Segment Start: Given data

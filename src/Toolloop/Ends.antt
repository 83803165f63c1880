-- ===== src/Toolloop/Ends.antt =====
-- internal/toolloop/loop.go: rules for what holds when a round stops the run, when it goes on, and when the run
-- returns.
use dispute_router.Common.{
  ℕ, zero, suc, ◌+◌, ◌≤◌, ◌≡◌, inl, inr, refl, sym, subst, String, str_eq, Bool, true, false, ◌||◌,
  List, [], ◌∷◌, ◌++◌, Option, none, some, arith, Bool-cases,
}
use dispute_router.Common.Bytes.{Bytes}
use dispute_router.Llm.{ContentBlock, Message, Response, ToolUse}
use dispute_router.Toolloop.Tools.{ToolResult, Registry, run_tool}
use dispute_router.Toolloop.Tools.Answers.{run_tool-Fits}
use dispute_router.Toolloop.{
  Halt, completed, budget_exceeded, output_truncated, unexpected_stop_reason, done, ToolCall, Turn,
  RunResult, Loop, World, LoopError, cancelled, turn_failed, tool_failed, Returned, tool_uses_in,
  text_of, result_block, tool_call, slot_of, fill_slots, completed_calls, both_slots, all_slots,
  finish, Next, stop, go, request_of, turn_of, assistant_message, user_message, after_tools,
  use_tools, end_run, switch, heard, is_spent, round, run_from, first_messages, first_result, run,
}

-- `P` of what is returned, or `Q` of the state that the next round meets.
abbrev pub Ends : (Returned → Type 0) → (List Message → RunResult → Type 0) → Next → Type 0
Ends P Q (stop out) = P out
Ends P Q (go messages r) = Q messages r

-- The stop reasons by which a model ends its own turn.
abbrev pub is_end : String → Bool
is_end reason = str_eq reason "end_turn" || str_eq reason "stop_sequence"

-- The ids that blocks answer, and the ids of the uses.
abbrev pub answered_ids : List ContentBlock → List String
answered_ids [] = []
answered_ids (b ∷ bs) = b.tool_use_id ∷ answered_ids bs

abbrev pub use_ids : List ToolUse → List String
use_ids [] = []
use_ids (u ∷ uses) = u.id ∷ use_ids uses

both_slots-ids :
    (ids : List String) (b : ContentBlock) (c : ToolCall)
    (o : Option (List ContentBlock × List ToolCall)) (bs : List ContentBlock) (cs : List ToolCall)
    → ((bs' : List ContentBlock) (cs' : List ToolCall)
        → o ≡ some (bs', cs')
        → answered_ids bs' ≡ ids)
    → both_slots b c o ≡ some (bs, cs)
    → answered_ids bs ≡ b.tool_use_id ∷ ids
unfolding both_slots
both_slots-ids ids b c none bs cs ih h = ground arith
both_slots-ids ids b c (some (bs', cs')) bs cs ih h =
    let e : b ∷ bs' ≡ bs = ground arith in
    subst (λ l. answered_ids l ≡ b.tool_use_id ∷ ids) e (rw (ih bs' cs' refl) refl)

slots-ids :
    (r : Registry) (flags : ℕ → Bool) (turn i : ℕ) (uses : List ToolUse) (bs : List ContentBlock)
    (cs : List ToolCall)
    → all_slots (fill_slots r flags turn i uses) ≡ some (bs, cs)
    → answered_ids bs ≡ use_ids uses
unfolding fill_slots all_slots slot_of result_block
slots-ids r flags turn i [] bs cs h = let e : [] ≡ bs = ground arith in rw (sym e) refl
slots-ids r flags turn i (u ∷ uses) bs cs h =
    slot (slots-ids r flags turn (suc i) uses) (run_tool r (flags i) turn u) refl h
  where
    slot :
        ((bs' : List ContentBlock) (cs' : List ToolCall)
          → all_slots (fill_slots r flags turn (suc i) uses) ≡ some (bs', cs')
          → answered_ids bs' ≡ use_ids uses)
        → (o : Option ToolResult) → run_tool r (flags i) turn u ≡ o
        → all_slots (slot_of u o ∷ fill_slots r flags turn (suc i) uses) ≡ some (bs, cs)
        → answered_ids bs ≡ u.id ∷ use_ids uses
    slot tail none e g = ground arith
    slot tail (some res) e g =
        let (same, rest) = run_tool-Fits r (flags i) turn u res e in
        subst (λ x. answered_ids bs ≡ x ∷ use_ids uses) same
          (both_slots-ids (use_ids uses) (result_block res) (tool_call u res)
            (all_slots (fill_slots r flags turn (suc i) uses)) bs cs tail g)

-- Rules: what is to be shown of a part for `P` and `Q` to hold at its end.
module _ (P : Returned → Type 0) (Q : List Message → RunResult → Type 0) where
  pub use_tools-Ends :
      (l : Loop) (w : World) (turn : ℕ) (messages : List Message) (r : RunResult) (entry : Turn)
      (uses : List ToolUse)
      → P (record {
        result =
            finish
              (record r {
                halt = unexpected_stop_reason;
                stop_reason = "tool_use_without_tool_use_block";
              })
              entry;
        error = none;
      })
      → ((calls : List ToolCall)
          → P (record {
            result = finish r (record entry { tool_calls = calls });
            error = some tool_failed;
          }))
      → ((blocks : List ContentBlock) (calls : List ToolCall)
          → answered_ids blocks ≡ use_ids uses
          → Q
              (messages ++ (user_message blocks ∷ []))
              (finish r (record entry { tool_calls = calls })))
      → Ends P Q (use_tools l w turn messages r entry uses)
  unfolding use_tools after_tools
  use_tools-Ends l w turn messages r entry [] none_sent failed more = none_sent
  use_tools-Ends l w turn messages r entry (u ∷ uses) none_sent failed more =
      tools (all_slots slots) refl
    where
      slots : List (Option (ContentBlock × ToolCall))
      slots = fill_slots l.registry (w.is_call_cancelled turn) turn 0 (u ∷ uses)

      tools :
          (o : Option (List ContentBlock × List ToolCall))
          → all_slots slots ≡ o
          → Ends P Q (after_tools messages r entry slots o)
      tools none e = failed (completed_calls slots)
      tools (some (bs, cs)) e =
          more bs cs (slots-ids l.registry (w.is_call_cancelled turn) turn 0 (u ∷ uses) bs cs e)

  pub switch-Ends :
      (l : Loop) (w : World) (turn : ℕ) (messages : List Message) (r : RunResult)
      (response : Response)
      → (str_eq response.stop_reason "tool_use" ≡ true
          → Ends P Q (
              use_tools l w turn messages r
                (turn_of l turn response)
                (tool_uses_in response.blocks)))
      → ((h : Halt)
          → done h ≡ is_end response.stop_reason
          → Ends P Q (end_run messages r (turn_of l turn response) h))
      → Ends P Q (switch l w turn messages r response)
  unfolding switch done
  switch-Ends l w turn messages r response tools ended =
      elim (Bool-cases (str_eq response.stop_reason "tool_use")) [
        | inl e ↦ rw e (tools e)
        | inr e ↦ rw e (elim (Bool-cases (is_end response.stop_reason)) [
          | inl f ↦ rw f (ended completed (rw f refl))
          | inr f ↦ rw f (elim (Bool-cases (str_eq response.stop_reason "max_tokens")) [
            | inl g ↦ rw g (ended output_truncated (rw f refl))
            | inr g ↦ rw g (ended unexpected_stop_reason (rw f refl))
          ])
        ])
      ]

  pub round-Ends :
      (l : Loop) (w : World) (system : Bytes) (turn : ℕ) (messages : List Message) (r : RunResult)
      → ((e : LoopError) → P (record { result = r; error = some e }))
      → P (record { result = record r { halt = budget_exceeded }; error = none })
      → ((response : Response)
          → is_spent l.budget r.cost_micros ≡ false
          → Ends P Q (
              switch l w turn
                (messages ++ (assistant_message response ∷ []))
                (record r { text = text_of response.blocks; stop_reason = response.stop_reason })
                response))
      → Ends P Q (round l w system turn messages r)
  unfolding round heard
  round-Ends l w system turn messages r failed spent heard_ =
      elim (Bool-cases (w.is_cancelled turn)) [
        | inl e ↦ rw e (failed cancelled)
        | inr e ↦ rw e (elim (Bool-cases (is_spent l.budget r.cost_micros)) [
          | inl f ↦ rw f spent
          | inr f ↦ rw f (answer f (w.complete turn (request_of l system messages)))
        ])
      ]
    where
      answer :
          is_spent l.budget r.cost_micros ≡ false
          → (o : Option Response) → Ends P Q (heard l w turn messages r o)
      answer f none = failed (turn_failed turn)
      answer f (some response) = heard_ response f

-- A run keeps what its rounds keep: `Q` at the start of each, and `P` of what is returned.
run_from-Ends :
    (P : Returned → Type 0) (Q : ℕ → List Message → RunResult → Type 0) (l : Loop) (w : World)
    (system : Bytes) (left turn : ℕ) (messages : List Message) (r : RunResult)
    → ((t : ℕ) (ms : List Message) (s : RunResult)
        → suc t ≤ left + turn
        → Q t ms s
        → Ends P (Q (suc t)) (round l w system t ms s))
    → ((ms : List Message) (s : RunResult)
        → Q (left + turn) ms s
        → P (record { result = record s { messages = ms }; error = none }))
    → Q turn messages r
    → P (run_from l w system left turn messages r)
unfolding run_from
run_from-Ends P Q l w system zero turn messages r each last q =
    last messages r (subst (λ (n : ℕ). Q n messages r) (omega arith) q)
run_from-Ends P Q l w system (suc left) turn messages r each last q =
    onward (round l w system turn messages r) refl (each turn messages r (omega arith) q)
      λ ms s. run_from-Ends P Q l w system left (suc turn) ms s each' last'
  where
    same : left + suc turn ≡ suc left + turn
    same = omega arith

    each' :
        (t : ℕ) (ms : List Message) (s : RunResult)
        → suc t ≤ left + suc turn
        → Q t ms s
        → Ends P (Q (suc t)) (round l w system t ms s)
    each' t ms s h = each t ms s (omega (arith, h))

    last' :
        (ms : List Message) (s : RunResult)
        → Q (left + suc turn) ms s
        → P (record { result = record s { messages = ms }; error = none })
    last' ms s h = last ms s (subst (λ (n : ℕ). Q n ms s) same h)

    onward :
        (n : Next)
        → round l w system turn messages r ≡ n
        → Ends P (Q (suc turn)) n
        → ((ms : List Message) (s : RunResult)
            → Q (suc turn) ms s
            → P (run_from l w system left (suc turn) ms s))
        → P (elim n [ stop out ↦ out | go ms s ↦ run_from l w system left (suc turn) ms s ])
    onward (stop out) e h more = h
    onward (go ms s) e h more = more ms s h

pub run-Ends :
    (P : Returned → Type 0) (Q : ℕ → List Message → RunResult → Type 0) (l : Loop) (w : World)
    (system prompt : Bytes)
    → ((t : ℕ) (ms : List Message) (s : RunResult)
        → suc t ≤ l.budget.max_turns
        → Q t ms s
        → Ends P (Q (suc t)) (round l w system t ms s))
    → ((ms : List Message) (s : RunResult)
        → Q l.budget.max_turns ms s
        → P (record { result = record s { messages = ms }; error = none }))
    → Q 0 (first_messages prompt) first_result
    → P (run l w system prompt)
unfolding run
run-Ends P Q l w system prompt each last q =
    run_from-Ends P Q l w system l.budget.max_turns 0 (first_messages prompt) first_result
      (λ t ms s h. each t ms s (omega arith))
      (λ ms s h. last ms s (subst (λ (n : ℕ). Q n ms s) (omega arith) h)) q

Segment End: Given data

Your assignment. All lines from the one containing "turn) ms s ])" to the end of the records, both ends included, should be printed exactly and on their own.

Response to this exercise.
        → P (elim n [ stop out ↦ out | go ms s ↦ run_from l w system left (suc turn) ms s ])
    onward (stop out) e h more = h
    onward (go ms s) e h more = more ms s h

pub run-Ends :
    (P : Returned → Type 0) (Q : ℕ → List Message → RunResult → Type 0) (l : Loop) (w : World)
    (system prompt : Bytes)
    → ((t : ℕ) (ms : List Message) (s : RunResult)
        → suc t ≤ l.budget.max_turns
        → Q t ms s
        → Ends P (Q (suc t)) (round l w system t ms s))
    → ((ms : List Message) (s : RunResult)
        → Q l.budget.max_turns ms s
        → P (record { result = record s { messages = ms }; error = none }))
    → Q 0 (first_messages prompt) first_result
    → P (run l w system prompt)
unfolding run
run-Ends P Q l w system prompt each last q =
    run_from-Ends P Q l w system l.budget.max_turns 0 (first_messages prompt) first_result
      (λ t ms s h. each t ms s (omega arith))
      (λ ms s h. last ms s (subst (λ (n : ℕ). Q n ms s) (omega arith) h)) q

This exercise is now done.